Dr. Sanjiv Agarwal

India in future is going to be a younger India with nearly 70 percent of India being of working age in 2025. Its demographic dividend of a relatively young population as compared to developed nations is an opportunity in the offing. The budget has addressed the higher education and skill development needs by a substantial higher allocation of funds, though no direct tax benefit has been given.

The budget also offers rich dividend to the senior citizens so much so that senior citizens can feel the saying ‘old is gold’. The Budget has offered a three fold bonanza to senior citizens – lowered the qualifying age from 65 years to 60 years, enhanced he basic threshold exemption limit from Rs 2.40 last to Rs 2.50 lakh, an increase of Rs 10000 yielding tax benefit of 1000 and added to this is creation of a new category of ‘very senior citizens’ who are octogenarians (80 or more years of age) who will be eligible for a higher basic exemption of Rs 5 lakh from next assessment year. Such numbers, however, would be   in few thousands only but the FM earns the good will.

If one looks at exemption limits, no specific favor has been done to women assessee as their exemption limit remains the same at Rs. 1.90 lakh whereas general limit goes up from Rs 1.68 lakh to Rs 1.80 lakh. However, women senior citizens will be covered under the benefit dolled out to senior citizens.

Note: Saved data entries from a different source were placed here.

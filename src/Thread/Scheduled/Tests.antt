-- ===== src/Thread/Scheduled/Tests.antt =====
-- An object whose thread has begun its function.
use strange_io.Common.{◌≡◌, refl, true}
use strange_io.Common.Int.{pos}
use strange_io.Thread.Scheduled.{
  SchedDesc, Scheduled, starting, new_scheduled, start_scheduled, begin_thread, assign_scheduled,
  end_scheduled, starts, begins,
}
use strange_io.Thread.Scheduled.Life.{
  ScheduledReached, made, went, ending, ending_moved, end_scheduled-ending,
}

abbrev fifo_desc : SchedDesc
fifo_desc = record { policy = pos 1; priority = pos 50; cpu_affinity = pos 0 }

abbrev object_made : Scheduled
object_made = new_scheduled fifo_desc "rack"

abbrev object_started : Scheduled
object_started = record object_made { joinable = true; point = starting }

abbrev object_running : Scheduled
object_running = begin_thread (pos 7) object_started

object_running-ScheduledReached : ScheduledReached fifo_desc "rack" object_running
unfolding start_scheduled new_scheduled
object_running-ScheduledReached =
    went object_started object_running
      (went object_made object_started made (starts object_started refl)) (begins (pos 7) refl)

end_scheduled-ending_example :
    (end_scheduled object_running ≡ ending object_running.point)
    × (end_scheduled (assign_scheduled (new_scheduled fifo_desc "target") object_running).1
        ≡ ending_moved object_running.point)
end_scheduled-ending_example =
    end_scheduled-ending fifo_desc fifo_desc "rack" "target" object_running
      object_running-ScheduledReached
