-- ===== src/Thread/Worker/Tests.antt =====
-- A worker that is given package 5 and woken.
use strange_io.Common.{ℕ, refl, ◌≡◌, none, some, ◌>>=◌, [], ◌∷◌}
use strange_io.Thread.Worker.{
  WorkerState, started, wait_worker, is_waiting, assign_package, notify_worker, wake_worker,
  run_worker, looking, looks, assigns, notifies, waits, wakes,
}
use strange_io.Thread.Worker.Handover.{Reached, start, step}

abbrev waiting_one : WorkerState ℕ
waiting_one = wait_worker started

abbrev owned_one : WorkerState ℕ
owned_one = is_waiting waiting_one

abbrev assigned_one : WorkerState ℕ
assigned_one = assign_package 5 owned_one

abbrev told_one : WorkerState ℕ
told_one = record (notify_worker assigned_one) { waiter = looking }

abbrev woken_one : WorkerState ℕ
woken_one = wake_worker told_one

woken_one-Reached : Reached woken_one
unfolding wait_worker is_waiting assign_package notify_worker
woken_one-Reached =
    step told_one woken_one
      (step assigned_one told_one
        (step owned_one assigned_one
          (step waiting_one owned_one (step started waiting_one start (waits refl))
            (looks refl refl))
          (assigns 5 refl))
        (notifies refl))
      (wakes refl refl)

-- A wait that ends without a notification: the null pointer where no package came yet, and the
-- package once more where it has been run.
woken_early : run_worker (wake_worker waiting_one) ≡ none
unfolding run_worker wake_worker wait_worker
woken_early = refl

run_twice :
    (run_worker woken_one >>= λ w. run_worker (wake_worker (wait_worker w)) >>= λ v. some v.ran)
    ≡ some (5 ∷ 5 ∷ [])
unfolding run_worker wake_worker wait_worker is_waiting assign_package notify_worker
run_twice = refl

Very senior taxpayers generally have income from pension, rentals and interest, dividend already being tax free in assessee’s hands. Very senior citizens will not have to pay income tax up to income of Rs 5 lakh but will have to pay 20 % tax on income between Rs 3 and 8 lakhs. Thus, no part of their income would be subject to 10% tax. Certainly, the grey gets the golden edge in this budget, making their sunset years happier.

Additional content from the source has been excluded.